Duka Bukan Untuk Dirayakan
Tidak ada
perpisahan yang menyenangkan, sehingga banyak yang memperindahnya dengan
memberikan bunga, kenapa tidak di berikan saat masih bersama, seharusnya
perpisahan bukan untuk dirayakan. Gapapa daripada tidak ditunjukkan sama sekali.
Galen
benar-benar hidup pada dunianya untuk fokus pada ujian-ujiannya, membuat
Clarissa setiap hari mengantikan tugas Galen berkunjung ke tanah lapang
mengajari anak-anak yang sudah dianggapnya adik, sosok Galen sudah sangat
melekat dihati mereka tidak akan mudah terlupakan, malaikat yang mengulurkan
tangannya mengeluarkan mereka dari buta huruf.
Kalau anak-anak
tanah lapang merindukan Galen maka Clarissa lebih dari itu tapi setidaknya dia
masih bisa melihat Galen dari jauh saat disekolah.
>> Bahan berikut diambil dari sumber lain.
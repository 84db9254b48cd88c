-- ===== src/Audit/Tests.antt =====
-- The listing of audit records at a concrete table.
use mathlib.Core.List.{Perm}
use network_gateway_api.Prelude.{
  ℕ, ◌≡◌, refl, none, some, Option, List, [], ◌∷◌, String, str_eq, Bool, ◌≤◌, ◌*◌, length, ok,
  arith,
}
use network_gateway_api.Prelude.Int.{pos}
use network_gateway_api.Value.{Fields, int, str, null, dict, field, end}
use network_gateway_api.Identity.{no_roles}
use network_gateway_api.Audit.Fields.{Transaction}
use network_gateway_api.Audit.Listing.{Page, page_of, conditions, matching, list_transactions}
use network_gateway_api.Audit.Wanted.{IsFilter, IsWanted}
use network_gateway_api.Audit.Pages.{read_pages, IsNewestFirst, read_pages-IsNewestFirst}

abbrev record_of : (id timestamp action : String) → Transaction
record_of id timestamp action = record {
  id = id;
  timestamp_utc = timestamp;
  correlation_id = "k1";
  actor_subject = "u1";
  actor_tenant_id = none;
  actor_name = "Ada";
  actor_email = none;
  actor_roles = no_roles;
  auth_mode = "demo";
  action = action;
  resource_type = "static_route";
  resource_id = none;
  connection_id = none;
  outcome = "succeeded";
  before_state = null;
  after_state = null;
  detail = null;
  request_method = none;
  request_path = none;
}

abbrev rows : List Transaction
rows =
    record_of "t1" "2026-01-01T00:00:00.000000Z" "static_route.create"
    ∷ record_of "t2" "2026-01-03T00:00:00.000000Z" "static_route.delete"
    ∷ record_of "t3" "2026-01-02T00:00:00.000000Z" "static_route.create"
    ∷ []

abbrev uuid : String → Option String
uuid text = some text

abbrev fields : Fields
fields = field "action" (str "static_route.create") end

abbrev wanted : List (Transaction → Bool)
wanted = (λ row. str_eq row.action "static_route.create") ∷ []

newest :
    list_transactions uuid uuid (dict fields) (int (pos 1)) (int (pos 0)) rows
    ≡ ok (record {
      items = record_of "t3" "2026-01-02T00:00:00.000000Z" "static_route.create" ∷ [];
      total = 2;
      limit = 1;
      offset = 0;
    })
unfolding list_transactions
newest = refl

valid : conditions uuid uuid fields ≡ ok wanted
unfolding conditions
valid = refl

abbrev first : Page
first = page_of wanted rows 1 0

named : list_transactions uuid uuid (dict fields) (int (pos 1)) (int (pos 0)) rows ≡ ok first
unfolding list_transactions conditions
named = refl

enough : first.total ≤ 1 * 2
unfolding matching
enough = omega arith

read_pages-IsNewestFirst_example :
    (kept : List Transaction) × IsFilter (IsWanted uuid uuid fields) rows kept
    × Perm (read_pages uuid uuid (dict fields) 1 0 2 rows) kept
    × IsNewestFirst (read_pages uuid uuid (dict fields) 1 0 2 rows)
    × ((offset : ℕ)
        → (page : Page) × (list_transactions uuid uuid
              (dict fields)
              (int (pos 1))
              (int (pos offset))
              rows
            ≡ ok page)
          × (page.total ≡ length (read_pages uuid uuid (dict fields) 1 0 2 rows)))
read_pages-IsNewestFirst_example =
    read_pages-IsNewestFirst uuid uuid (dict fields) fields wanted 1 rows refl valid (omega arith)
      (omega arith) 2 first named enough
Hanya itu yang dapat dia
lakukan, tidak lebih bagaimana bisa lebih melihat Galen dari jarak dekat saja
bukan pilihan yang baik untuknya.
Apalagi
serangkaian ujian yang akan Galen tempuh membuatnya lebih giat unuk
mempersiapkan diri. Clarissa juga memilih untuk menyibukkan diri menghabiskan
waktu-waktunya hanya untuk belajar, rapat, mengikuti banyak kegiatan. Tidak
jarang dia juga mewakili sekolah untuk kegiatan-kegiatan keluar sekolah. Menurutnya
tidak ada yang lebih menyenangkan selain menghabiskan masa muda dengan
memperbanyak pengalaman, bahkan tidak jarang dia juga sering ditegur oleh wali
kelasnya karena jarang sekali mengikuti pelajaran bahkan ibunya juga mendapat
teguran dari wali kelasnya kalau Clarissa jarang mengikuti pelajaran di kelas.
Namun Clarissa
memiliki prinsip bahwa belajar adalah tujuan utamanya, meskipun jarang
mengikuti pelajaran Clarissa tidak ingin ketinggalan pelajaran sehingga dia
harus belajar lebih ekstra agar tidak tertinggal dari teman-temannya. Karena
kegigihannya Clarissa tetap menjadi juara kelas. Memenuhi tanggung jawabnya
sebagai anak, untuk selalu membanggakan ayah dan ibunya.
Hari Minggu
jadwalnya untuk bertemu dengan adik-adik kesayangannya Clarissa berencana
membuatkan sesuatu untuk Galen agar dia tetap berasa dekat dengan mereka begitu
juga sebaliknya.
“Hari ini kakak ingin membuatkan suatu untuk kak Galen kalian mau
bantuin kakak?”
“Mau mau mau kak” Jawab mereka hampir bersamaan, karena apapun yang
berhubungan dengan Galen akan selalu menjadi hal yang menyenangkan bagi mereka.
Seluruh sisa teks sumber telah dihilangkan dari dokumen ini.